Problem to work on:
Copy out the lines of the records below, and only those lines, from the one with "unfoldable pub decide_gate" through the one with "gate_pass g (status_or_none", exactly as they appear.

Records shown:

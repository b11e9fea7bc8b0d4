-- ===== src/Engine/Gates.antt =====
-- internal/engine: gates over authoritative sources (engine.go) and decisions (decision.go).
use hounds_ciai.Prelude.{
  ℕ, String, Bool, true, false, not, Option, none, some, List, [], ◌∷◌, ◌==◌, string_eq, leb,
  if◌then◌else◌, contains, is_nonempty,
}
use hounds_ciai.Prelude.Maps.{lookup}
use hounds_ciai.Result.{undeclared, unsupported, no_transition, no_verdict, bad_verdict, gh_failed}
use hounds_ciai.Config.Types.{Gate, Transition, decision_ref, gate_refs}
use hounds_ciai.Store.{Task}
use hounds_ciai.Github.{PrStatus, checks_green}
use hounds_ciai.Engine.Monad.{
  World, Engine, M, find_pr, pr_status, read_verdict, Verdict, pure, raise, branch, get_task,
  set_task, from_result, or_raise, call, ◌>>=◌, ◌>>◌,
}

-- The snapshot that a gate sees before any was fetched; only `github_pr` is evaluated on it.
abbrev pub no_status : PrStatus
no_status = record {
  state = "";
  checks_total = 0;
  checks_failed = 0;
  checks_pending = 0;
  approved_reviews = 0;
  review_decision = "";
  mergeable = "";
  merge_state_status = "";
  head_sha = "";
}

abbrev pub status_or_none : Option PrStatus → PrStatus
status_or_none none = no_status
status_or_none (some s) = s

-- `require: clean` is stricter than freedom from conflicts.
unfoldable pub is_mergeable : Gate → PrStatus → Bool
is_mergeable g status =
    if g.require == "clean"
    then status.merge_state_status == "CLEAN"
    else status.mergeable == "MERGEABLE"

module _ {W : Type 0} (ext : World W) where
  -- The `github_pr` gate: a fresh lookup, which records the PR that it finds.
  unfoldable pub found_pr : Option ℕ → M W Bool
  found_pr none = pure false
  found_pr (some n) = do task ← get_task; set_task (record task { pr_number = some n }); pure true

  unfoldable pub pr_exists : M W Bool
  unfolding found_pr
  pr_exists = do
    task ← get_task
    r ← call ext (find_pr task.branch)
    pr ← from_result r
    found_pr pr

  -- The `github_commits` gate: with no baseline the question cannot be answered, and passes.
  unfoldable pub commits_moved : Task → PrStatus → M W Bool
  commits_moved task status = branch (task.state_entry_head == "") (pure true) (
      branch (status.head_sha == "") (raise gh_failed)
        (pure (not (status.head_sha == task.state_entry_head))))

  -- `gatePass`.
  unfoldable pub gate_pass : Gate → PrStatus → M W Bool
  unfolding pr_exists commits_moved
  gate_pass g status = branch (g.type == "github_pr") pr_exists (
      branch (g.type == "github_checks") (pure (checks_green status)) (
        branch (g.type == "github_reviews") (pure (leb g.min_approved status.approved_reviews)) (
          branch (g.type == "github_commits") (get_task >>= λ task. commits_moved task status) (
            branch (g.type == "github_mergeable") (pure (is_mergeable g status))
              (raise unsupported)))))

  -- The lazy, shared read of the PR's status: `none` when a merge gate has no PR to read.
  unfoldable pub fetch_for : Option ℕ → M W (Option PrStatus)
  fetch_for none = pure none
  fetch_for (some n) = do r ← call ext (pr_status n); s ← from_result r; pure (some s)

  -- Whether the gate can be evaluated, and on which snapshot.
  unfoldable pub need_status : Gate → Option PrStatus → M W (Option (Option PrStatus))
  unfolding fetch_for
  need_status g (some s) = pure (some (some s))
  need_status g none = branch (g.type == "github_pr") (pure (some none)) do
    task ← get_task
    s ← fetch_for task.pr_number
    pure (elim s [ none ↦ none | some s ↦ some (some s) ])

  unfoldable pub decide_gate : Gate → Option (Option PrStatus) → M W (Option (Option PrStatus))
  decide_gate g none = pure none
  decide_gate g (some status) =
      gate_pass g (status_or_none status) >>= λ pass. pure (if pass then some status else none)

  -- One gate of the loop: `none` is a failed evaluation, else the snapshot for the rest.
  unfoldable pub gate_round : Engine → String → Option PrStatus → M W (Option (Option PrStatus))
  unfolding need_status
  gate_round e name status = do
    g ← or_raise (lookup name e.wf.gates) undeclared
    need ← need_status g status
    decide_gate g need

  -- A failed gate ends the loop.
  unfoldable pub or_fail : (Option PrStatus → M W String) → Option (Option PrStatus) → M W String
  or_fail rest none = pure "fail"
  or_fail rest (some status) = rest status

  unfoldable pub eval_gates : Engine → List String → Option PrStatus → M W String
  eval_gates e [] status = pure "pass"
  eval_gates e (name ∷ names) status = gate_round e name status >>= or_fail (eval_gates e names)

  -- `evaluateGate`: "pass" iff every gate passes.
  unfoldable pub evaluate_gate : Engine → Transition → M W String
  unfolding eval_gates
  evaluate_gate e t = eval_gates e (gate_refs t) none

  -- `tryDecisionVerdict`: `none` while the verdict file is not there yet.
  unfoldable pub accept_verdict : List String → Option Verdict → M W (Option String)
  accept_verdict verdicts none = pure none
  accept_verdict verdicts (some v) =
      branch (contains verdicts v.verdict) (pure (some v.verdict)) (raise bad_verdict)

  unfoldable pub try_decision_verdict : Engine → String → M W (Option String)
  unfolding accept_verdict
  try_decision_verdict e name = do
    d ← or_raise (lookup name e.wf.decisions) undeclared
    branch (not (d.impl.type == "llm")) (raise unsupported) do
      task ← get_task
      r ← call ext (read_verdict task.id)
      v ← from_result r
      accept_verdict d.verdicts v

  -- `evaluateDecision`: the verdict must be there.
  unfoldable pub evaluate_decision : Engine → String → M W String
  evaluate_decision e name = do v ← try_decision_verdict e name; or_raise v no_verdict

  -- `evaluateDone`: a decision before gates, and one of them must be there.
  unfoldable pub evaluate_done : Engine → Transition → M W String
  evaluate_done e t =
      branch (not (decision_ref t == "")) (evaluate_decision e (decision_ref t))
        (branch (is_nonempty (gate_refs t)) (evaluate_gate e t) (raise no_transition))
---
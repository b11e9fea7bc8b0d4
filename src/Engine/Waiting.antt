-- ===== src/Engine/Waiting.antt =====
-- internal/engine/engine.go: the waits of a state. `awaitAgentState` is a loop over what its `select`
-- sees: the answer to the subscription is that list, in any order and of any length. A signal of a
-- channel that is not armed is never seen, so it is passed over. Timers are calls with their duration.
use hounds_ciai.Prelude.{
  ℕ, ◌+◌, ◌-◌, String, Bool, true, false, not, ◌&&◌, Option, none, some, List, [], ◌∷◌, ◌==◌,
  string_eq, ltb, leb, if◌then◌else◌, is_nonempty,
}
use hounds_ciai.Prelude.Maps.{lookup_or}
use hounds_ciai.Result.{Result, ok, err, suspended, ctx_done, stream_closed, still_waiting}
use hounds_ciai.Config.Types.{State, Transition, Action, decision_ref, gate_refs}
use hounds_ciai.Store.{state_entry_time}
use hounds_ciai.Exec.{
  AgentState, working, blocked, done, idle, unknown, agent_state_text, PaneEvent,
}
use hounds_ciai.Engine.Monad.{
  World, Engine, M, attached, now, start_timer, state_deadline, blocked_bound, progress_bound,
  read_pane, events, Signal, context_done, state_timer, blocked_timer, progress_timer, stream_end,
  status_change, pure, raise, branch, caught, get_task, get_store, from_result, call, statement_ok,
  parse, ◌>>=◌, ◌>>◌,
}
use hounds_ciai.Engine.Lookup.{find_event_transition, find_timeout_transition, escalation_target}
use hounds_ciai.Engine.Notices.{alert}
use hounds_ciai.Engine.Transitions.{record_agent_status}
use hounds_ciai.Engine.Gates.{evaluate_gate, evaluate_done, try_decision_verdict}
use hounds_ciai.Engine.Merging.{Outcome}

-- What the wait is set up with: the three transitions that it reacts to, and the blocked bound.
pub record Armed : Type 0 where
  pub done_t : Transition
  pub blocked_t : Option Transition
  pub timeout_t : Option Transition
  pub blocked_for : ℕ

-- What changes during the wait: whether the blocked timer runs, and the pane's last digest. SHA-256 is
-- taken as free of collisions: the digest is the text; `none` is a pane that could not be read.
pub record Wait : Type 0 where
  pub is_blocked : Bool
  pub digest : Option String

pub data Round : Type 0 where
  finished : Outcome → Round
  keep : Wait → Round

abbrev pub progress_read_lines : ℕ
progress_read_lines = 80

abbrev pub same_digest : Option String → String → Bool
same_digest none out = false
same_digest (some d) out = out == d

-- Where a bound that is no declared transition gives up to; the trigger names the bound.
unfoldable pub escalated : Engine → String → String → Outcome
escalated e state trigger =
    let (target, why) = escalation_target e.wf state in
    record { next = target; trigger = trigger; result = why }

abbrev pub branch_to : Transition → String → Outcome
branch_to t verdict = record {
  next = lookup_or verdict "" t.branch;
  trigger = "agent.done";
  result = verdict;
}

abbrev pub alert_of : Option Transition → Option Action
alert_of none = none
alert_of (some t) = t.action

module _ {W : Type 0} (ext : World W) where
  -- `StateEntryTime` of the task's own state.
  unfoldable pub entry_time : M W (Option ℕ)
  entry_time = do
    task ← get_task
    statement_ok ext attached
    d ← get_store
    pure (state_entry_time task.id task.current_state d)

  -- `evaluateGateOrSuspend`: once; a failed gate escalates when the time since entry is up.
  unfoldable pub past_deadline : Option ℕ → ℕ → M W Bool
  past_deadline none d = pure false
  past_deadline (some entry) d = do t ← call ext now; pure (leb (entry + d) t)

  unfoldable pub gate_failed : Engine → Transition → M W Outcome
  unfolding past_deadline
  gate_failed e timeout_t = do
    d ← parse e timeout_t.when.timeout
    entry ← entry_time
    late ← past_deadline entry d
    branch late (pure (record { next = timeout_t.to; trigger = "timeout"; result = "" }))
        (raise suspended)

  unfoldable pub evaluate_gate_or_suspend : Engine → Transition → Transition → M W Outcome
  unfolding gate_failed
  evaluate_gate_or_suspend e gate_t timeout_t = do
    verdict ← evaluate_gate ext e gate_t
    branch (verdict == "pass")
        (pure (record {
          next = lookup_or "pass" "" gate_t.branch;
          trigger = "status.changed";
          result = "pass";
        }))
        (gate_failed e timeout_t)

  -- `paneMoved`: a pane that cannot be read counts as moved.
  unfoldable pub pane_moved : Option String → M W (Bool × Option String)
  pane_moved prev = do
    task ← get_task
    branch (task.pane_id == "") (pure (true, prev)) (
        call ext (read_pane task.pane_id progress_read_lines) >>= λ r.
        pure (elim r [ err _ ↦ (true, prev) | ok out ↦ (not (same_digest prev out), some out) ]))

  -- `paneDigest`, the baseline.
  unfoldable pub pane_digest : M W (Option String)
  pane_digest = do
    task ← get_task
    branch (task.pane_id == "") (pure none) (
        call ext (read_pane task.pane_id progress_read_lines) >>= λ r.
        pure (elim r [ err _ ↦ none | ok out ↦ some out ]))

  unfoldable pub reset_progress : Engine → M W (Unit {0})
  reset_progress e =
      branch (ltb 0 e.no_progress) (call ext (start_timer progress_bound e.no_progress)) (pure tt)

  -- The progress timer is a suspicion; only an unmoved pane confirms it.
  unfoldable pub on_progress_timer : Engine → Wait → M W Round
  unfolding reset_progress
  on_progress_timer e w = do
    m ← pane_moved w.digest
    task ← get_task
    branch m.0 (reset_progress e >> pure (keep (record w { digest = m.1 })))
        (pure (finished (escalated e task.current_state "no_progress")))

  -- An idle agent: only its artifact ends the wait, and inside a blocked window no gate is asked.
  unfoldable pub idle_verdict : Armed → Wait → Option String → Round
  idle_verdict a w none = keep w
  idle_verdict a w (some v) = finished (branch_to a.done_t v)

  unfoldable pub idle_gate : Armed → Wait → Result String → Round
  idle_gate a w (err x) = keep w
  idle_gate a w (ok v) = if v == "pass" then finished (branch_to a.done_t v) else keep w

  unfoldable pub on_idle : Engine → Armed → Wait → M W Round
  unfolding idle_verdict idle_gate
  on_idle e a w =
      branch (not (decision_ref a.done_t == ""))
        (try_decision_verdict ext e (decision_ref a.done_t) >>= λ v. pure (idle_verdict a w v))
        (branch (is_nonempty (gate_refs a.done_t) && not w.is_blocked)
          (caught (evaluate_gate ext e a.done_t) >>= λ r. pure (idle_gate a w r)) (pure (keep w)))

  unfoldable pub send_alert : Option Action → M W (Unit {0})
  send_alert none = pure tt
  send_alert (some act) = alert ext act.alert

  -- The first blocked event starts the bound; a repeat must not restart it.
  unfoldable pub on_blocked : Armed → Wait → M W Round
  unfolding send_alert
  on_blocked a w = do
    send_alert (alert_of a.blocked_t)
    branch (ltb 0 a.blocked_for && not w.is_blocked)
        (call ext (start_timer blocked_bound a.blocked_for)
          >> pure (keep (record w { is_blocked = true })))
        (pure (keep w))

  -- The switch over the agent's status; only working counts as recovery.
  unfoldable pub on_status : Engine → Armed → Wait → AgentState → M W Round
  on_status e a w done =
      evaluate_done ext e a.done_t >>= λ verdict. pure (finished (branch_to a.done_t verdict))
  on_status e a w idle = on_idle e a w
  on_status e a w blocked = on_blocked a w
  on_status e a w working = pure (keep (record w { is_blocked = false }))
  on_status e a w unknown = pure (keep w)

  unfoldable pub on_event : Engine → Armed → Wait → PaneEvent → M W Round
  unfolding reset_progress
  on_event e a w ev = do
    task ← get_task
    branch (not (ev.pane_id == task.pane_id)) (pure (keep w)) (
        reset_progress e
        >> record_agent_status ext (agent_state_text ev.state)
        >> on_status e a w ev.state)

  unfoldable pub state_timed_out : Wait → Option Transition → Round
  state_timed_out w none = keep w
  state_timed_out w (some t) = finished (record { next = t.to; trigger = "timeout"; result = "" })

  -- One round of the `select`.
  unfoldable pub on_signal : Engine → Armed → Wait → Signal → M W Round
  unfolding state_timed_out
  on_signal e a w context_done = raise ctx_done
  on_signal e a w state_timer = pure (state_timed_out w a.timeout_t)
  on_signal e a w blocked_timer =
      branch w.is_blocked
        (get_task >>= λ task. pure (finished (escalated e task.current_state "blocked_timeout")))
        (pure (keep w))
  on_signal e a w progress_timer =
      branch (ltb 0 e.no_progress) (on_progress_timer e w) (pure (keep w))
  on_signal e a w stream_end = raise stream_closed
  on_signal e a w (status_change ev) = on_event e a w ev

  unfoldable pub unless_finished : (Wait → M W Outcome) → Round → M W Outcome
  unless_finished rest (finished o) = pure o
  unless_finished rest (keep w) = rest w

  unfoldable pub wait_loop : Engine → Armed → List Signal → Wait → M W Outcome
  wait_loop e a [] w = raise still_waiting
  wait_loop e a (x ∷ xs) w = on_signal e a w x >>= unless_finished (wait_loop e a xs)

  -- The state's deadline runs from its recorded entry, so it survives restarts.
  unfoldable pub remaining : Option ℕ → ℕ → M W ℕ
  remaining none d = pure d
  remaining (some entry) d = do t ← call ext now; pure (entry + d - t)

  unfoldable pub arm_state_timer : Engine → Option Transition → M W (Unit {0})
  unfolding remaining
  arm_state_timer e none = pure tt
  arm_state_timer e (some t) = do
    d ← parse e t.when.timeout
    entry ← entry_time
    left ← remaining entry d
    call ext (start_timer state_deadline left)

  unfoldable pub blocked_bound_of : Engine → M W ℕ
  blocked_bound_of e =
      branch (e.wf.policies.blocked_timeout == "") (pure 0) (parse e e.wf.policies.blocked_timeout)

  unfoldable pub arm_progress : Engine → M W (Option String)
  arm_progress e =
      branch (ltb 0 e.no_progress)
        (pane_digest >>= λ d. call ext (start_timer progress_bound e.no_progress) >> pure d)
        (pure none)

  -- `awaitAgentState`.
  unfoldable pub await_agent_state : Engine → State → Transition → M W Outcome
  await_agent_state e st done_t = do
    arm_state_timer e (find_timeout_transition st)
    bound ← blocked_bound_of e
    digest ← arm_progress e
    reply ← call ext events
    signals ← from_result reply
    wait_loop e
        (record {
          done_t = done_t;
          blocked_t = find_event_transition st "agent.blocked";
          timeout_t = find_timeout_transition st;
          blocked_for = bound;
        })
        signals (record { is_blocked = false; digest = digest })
...
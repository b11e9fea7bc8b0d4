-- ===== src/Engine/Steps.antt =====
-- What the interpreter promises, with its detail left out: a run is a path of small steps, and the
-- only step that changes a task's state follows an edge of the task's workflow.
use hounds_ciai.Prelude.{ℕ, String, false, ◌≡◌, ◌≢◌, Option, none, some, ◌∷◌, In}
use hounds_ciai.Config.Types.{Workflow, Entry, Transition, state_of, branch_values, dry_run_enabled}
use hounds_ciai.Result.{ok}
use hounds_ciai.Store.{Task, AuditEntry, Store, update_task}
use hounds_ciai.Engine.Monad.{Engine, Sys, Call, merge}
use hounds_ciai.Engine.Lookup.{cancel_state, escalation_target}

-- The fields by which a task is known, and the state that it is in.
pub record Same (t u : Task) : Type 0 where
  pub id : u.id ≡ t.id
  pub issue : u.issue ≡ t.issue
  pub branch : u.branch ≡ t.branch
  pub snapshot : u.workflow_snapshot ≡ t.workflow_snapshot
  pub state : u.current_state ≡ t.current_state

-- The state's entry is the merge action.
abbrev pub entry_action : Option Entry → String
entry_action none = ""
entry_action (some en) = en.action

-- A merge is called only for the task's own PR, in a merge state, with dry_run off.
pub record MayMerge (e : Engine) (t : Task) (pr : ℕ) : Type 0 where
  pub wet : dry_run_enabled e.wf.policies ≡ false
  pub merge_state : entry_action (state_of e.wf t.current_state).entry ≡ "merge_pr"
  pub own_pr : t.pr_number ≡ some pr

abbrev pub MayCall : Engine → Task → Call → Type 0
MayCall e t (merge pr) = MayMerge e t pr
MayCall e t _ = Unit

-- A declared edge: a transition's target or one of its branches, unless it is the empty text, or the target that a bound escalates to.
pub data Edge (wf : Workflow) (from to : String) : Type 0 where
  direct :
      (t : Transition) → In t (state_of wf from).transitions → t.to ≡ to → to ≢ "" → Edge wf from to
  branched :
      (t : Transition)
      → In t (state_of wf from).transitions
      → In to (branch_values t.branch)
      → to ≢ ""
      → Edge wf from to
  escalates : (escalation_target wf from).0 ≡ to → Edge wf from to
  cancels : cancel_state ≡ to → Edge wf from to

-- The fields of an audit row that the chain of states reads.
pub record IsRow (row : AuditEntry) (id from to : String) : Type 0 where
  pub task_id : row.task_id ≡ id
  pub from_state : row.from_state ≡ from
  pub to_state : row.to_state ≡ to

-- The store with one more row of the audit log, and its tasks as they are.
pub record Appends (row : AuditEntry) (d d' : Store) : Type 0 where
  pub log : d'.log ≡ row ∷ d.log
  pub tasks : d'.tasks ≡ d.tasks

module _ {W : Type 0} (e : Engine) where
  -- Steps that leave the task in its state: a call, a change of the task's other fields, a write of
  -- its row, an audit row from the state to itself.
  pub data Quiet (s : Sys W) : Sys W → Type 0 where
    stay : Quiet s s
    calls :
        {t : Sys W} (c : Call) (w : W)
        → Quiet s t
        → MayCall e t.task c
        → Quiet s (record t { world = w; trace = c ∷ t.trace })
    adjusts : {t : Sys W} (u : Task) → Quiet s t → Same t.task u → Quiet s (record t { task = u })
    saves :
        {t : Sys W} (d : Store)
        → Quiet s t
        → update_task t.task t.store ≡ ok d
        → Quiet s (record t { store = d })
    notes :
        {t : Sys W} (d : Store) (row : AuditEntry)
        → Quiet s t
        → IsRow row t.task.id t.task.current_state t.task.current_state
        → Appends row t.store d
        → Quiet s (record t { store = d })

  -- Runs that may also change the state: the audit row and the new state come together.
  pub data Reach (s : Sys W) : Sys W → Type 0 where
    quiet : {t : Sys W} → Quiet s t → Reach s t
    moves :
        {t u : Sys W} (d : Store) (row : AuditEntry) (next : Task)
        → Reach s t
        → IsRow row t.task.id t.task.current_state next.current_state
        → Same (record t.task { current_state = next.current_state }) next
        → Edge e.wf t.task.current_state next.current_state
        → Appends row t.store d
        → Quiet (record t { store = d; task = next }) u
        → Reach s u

Final answer:
  unfoldable pub decide_gate : Gate → Option (Option PrStatus) → M W (Option (Option PrStatus))
  decide_gate g none = pure none
  decide_gate g (some status) =
      gate_pass g (status_or_none status) >>= λ pass. pure (if pass then some status else none)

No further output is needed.